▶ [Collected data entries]
++++++

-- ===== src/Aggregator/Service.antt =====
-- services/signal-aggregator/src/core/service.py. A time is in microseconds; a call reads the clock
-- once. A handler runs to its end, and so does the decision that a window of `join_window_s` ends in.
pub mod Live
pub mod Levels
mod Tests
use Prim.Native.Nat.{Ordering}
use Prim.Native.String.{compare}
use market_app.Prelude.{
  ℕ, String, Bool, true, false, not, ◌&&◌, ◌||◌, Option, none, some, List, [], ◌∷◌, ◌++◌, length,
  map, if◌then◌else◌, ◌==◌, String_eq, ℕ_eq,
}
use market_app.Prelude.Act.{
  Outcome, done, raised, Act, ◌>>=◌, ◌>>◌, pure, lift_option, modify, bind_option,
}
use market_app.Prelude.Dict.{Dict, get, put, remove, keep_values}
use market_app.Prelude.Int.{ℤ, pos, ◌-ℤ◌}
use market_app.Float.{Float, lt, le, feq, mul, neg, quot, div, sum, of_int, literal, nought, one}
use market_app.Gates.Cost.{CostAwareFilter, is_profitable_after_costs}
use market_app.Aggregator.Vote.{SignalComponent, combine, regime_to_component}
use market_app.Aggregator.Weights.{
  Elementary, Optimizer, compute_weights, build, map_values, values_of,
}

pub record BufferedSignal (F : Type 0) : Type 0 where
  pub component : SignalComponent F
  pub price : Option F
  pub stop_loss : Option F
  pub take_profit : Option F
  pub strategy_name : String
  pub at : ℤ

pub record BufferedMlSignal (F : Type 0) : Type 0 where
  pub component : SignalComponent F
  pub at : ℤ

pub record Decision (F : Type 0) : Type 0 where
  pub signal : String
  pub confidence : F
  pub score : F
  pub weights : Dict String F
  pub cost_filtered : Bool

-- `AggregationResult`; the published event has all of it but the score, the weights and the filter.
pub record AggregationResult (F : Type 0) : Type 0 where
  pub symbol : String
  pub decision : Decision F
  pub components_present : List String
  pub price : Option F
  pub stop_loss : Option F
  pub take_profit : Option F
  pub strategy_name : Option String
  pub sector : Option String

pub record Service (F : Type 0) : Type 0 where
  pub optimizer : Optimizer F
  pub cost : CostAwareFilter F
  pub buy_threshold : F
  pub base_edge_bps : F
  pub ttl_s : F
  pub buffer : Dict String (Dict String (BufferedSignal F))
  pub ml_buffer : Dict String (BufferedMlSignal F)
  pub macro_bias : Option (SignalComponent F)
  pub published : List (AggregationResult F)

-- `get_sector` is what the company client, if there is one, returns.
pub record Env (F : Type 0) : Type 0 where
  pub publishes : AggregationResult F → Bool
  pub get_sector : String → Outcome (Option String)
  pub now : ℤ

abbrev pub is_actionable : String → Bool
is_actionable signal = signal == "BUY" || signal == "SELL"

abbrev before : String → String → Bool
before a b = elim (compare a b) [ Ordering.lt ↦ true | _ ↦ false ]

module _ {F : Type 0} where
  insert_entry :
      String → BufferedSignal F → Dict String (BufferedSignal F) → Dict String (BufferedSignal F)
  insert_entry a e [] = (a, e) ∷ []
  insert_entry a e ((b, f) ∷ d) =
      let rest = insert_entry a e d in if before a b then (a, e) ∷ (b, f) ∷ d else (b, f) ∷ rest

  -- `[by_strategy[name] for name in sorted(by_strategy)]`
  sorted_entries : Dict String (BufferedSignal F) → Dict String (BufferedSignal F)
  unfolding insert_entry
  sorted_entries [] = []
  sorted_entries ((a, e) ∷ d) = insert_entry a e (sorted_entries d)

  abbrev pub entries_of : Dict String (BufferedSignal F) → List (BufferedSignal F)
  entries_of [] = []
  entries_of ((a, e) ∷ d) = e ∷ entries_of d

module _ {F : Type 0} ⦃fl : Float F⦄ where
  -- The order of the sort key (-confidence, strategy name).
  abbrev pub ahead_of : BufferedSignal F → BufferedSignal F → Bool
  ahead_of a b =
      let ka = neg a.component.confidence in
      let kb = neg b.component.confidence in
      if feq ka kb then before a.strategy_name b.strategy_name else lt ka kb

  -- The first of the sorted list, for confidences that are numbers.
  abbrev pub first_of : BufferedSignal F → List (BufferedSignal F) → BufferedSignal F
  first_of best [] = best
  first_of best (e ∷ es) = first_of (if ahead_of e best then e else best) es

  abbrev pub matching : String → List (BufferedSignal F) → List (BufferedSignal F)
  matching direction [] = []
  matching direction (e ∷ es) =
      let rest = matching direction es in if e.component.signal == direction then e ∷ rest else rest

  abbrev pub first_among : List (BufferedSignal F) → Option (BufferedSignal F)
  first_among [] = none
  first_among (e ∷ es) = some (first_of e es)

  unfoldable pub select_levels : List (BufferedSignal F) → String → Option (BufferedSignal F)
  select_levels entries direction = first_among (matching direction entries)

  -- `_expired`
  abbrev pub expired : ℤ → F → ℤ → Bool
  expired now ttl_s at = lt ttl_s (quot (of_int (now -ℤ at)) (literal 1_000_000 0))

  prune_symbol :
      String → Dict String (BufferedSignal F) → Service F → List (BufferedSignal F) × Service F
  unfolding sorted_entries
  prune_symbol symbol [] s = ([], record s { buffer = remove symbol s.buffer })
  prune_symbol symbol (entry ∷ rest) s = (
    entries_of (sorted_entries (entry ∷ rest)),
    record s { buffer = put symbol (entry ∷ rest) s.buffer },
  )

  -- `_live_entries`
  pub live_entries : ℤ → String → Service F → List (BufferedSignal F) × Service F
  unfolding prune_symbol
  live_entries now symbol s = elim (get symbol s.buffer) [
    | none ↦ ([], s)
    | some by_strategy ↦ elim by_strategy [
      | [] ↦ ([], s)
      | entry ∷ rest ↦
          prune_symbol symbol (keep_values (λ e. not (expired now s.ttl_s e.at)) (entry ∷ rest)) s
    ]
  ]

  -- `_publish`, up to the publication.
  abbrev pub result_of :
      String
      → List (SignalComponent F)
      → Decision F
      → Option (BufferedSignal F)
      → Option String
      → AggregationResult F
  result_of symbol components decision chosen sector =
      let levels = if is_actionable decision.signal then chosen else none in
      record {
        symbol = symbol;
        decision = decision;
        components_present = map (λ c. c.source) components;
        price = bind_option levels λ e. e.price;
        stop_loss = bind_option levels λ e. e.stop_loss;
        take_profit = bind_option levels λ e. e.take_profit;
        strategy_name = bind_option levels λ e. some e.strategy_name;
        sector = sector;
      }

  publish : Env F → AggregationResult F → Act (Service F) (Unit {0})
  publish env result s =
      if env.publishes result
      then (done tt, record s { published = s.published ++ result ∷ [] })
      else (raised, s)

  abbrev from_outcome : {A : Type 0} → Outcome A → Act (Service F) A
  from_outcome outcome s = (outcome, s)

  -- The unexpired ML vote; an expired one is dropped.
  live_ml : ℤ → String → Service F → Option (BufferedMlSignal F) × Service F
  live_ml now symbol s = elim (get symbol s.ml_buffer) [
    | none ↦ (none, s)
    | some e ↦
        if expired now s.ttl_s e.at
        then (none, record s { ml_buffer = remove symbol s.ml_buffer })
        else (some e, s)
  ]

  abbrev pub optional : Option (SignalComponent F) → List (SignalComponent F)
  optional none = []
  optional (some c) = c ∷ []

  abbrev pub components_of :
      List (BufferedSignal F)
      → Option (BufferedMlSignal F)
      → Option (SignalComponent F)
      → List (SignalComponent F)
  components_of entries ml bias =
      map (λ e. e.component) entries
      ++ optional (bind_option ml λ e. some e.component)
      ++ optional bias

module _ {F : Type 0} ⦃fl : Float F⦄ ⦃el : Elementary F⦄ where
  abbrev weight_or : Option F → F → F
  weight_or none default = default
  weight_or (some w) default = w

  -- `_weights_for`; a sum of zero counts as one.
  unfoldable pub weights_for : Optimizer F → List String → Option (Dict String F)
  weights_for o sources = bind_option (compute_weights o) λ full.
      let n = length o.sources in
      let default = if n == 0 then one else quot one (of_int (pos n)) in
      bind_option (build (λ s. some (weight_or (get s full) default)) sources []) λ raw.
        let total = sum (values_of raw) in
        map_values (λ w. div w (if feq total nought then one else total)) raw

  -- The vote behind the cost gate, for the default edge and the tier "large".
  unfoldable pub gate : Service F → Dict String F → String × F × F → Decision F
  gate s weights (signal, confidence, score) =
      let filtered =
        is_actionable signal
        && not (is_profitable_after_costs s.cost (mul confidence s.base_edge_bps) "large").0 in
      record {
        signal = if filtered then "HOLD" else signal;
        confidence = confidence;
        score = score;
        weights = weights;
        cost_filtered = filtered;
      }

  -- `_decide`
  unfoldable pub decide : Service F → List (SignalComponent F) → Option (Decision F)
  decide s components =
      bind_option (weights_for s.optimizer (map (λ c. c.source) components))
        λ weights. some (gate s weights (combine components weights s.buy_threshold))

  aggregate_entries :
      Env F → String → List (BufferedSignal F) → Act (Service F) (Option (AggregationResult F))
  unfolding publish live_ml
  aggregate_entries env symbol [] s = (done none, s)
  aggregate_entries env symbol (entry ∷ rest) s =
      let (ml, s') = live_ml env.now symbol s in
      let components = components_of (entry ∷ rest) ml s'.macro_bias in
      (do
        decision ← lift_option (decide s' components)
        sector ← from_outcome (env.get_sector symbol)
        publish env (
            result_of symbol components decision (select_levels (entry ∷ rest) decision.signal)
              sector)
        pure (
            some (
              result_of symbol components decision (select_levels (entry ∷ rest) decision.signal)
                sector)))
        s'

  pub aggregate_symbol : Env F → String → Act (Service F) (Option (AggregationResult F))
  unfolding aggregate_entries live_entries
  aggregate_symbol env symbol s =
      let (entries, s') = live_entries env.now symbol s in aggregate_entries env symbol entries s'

++++++

▶ [WHAT THE EXERCISE ASKS] Output the lines of the records above exactly as they appear, from the line containing "result_of symbol components decision chosen" through the line containing "sector = sector;".

▶ [ANSWER SPACE]
  result_of symbol components decision chosen sector =
      let levels = if is_actionable decision.signal then chosen else none in
      record {
        symbol = symbol;
        decision = decision;
        components_present = map (λ c. c.source) components;
        price = bind_option levels λ e. e.price;
        stop_loss = bind_option levels λ e. e.stop_loss;
        take_profit = bind_option levels λ e. e.take_profit;
        strategy_name = bind_option levels λ e. some e.strategy_name;
        sector = sector;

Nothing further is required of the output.